We identified a unique patient group consisting of 2 brothers and one non-related individual who all experienced a rare sequela of COVID-19 infection. Both the siblings and the non-related patient possessed a nonsynonymous non-frameshift mutation in NACAD. Comprehensive search through whole exome sequencing studies regarding COVID-19 (+) severity showed no previous mention of this mutation 16, 17, 18. NACAD gene products are thought to be involved with proper facilitation of polypeptide extracellular transport. Furthermore, the protein is thought to bind to nascent protein chains as translation occurs to facilitate proper interaction with the signal recognition particle occurs . In tandem, impaired (1) polypeptide secretion and (2) endoplasmic reticulum targeting can lead to decreased extracellular protein secretion and increased cell membrane deposition of mistargeted proteins.

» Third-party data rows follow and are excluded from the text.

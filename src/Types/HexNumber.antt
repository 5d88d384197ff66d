-- ===== src/Types/HexNumber.antt =====
-- types/eth.go: HexNumber, with strconv.ParseUint(s, 0, 64) as UnmarshalJSON calls it.
pub mod RoundTrip
pub mod Exact
use signers.Base.{
  ℕ, ◌+◌, ◌-◌, ◌*◌, ◌/◌, ◌%◌, ◌^◌, Bool, true, false, ◌&&◌, ◌||◌, List, [], ◌∷◌, ◌++◌, Option, none,
  some, ltb, leb, ◌==◌, if◌then◌else◌,
}
use signers.Base.Text.{Text, codes, print}
use signers.Base.Exec.{Result, ok, err, failed}

-- MarshalJSON, before json.Marshal of the text.
unfoldable pub marshal_number : ℕ → Text
marshal_number n = codes "0x" ++ print 16 97 n

-- c | ('x' - 'X'), for a byte.
abbrev lower : ℕ → ℕ
lower c = if c / 32 % 2 == 1 then c else c + 32

-- The value of a digit or letter.
unfoldable pub letter_value : ℕ → Option ℕ
letter_value c =
    if leb 48 c && leb c 57
    then some (c - 48)
    else if leb 97 (lower c) && leb (lower c) 122
    then some (lower c - 87)
    else none

-- `n * base + d`, or a range error: `n` is at the cutoff, or the sum wraps.
unfoldable pub next_value : ℕ → ℕ → ℕ → Option ℕ
next_value base n d =
    if leb ((2 ^ 64 - 1) / base + 1) n
    then none
    else if ltb ((n * base + d) % 2 ^ 64) (n * base)
    then none
    else some ((n * base + d) % 2 ^ 64)

-- One character of the number: a syntax error, a range error or the next value.
unfoldable pub add_digit : ℕ → ℕ → ℕ → Option ℕ
add_digit base n c = elim (letter_value c) [
  | none ↦ none
  | some d ↦ if leb base d then none else next_value base n d
]

-- The loop over the characters; the flag tells whether an underscore was seen.
unfoldable pub parse_digits : ℕ → Text → ℕ → Bool → Result (ℕ × Bool)
parse_digits base [] n underscores = ok (n, underscores)
parse_digits base (c ∷ s) n underscores =
    if c == 95 then (let rest = parse_digits base s n true in rest) else elim (add_digit base n c) [
      | none ↦ err failed
      | some m ↦ parse_digits base s m underscores
    ]

-- What underscoreOK has seen last.
pub data Saw : Type 0 where
  start : Saw
  figure : Saw
  underscore : Saw
  other : Saw

figure_ok : Bool → ℕ → Bool
figure_ok is_hex c = (leb 48 c && leb c 57) || (is_hex && (leb 97 (lower c) && leb (lower c) 102))

-- An underscore stands between digits, or after the prefix.
underscores_from : Bool → Saw → Text → Bool
unfolding figure_ok
underscores_from is_hex underscore [] = false
underscores_from is_hex start [] = true
underscores_from is_hex figure [] = true
underscores_from is_hex other [] = true
underscores_from is_hex saw (c ∷ s) =
    if figure_ok is_hex c
    then underscores_from is_hex figure s
    else if c == 95
    then elim saw [ figure ↦ underscores_from is_hex underscore s | _ ↦ false ]
    else elim saw [ underscore ↦ false | _ ↦ underscores_from is_hex other s ]

-- The base of a text that starts with 0, where at least one character follows the letter.
abbrev base_of_letter : ℕ → Option ℕ
base_of_letter c =
    if lower c == 98
    then some 2
    else if lower c == 111
    then some 8
    else if lower c == 120
    then some 16
    else none

-- underscoreOK, without a sign: the digits have refused one.
unfoldable pub underscore_ok : Text → Bool
unfolding underscores_from
underscore_ok (a ∷ b ∷ s) =
    if a == 48
    then elim (base_of_letter b) [
      | some base ↦ underscores_from (base == 16) figure s
      | none ↦ underscores_from false start (a ∷ b ∷ s)
    ]
    else underscores_from false start (a ∷ b ∷ s)
underscore_ok s = underscores_from false start s

-- The base and the digits after the prefix, for base 0.
unfoldable pub split_base : Text → ℕ × Text
split_base [] = (10, [])
split_base (a ∷ []) = if a == 48 then (8, []) else (10, a ∷ [])
split_base (a ∷ b ∷ []) = if a == 48 then (8, b ∷ []) else (10, a ∷ b ∷ [])
split_base (a ∷ b ∷ c ∷ s) =
    if a == 48
    then elim (base_of_letter b) [ some base ↦ (base, c ∷ s) | none ↦ (8, b ∷ c ∷ s) ]
    else (10, a ∷ b ∷ c ∷ s)

checked : Text → Result (ℕ × Bool) → Result ℕ
unfolding underscore_ok
checked text (err e) = err e
checked text (ok (n, false)) = ok n
checked text (ok (n, true)) = if underscore_ok text then ok n else err failed

-- strconv.ParseUint(s, 0, 64)
unfoldable pub parse_uint : Text → Result ℕ
unfolding split_base checked parse_digits add_digit next_value letter_value
parse_uint [] = err failed
parse_uint (a ∷ s) =
    let (base, figures) = split_base (a ∷ s) in checked (a ∷ s) (parse_digits base figures 0 false)

-- UnmarshalJSON, after json.Unmarshal of the text.
unfoldable pub unmarshal_number : Text → Result ℕ
unfolding parse_uint
unmarshal_number text = parse_uint text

Non-frameshifting variants result in the gain or loss of several nucleotides divisible by three, such that the reading frame of the mRNA segment is not disrupted. The resulting mutant protein sequence differs from the wildtype with the addition and/or deletion of one or more amino acid residues. Phenotypic effects of a non-frameshift variant can result in impaired protein function and could impact biological pathways. Consequently, our findings suggest that the effect of the NACAD mutation results in modifying the extracellular and intracellular ACE2 concentrations as evident by the serology of ACE2 in COVID-19 orchitis patients compared to COVID-19 patients without orchitis. Particularly during peak viraemia, already elevated ACE2 membrane concentrations are faced with increased serum viral body concentrations to cause an increased risk of COVID-19 precipitated orchitis symptomology , .

We hypothesized that disrupted extracellular transport and endoplasmic reticulum interaction leads to altered intracellular levels of ACE2. Subsequently, increased intracellular ACE2 levels result in cell membrane protein deposition. We identified a unique patient group with a rare COVID-19 sequelae, of mostly similar ages, none of which reported prior orchitis symptomology or family history. While we acknowledge limited subject verification, we have actively identified other families with similar patterns of orchitis sequelae and aim to study them. Ultimately, the combination of our genetic analysis and the difference in ACE2 levels between the groups suggests a possible mechanism for COVID-19 orchitis that warrants further investigation.

CONCLUSION

This is a pilot study that suggests a possible genetic link for increased risk of COVID-19 orchitis. We observed a mutation in NACAD in 2 brothers and one unrelated man who developed COVID-19 orchitis. Interestingly, we found lower circulating ACE2 serum levels in both brothers with orchitis and the one nonrelated orchitis subject but normal serum levels in all controls. Future studies focusing on evaluating the mechanism of how NACAD mutation will lead to changes in circulating serum ACE2 levels will uncover important mechanisms not just to understand why some men with COVID develop orchitis but also why some men develop multi-organ failure with COVID infection whereas most do not. Figure 1

Figure 1

NACAD Pathway. The proposed role of NACAD and its interactions with polypeptide targeting via the endoplasmic reticulum (ER) and downstream changes in circulating ACE2. (Color version available online.)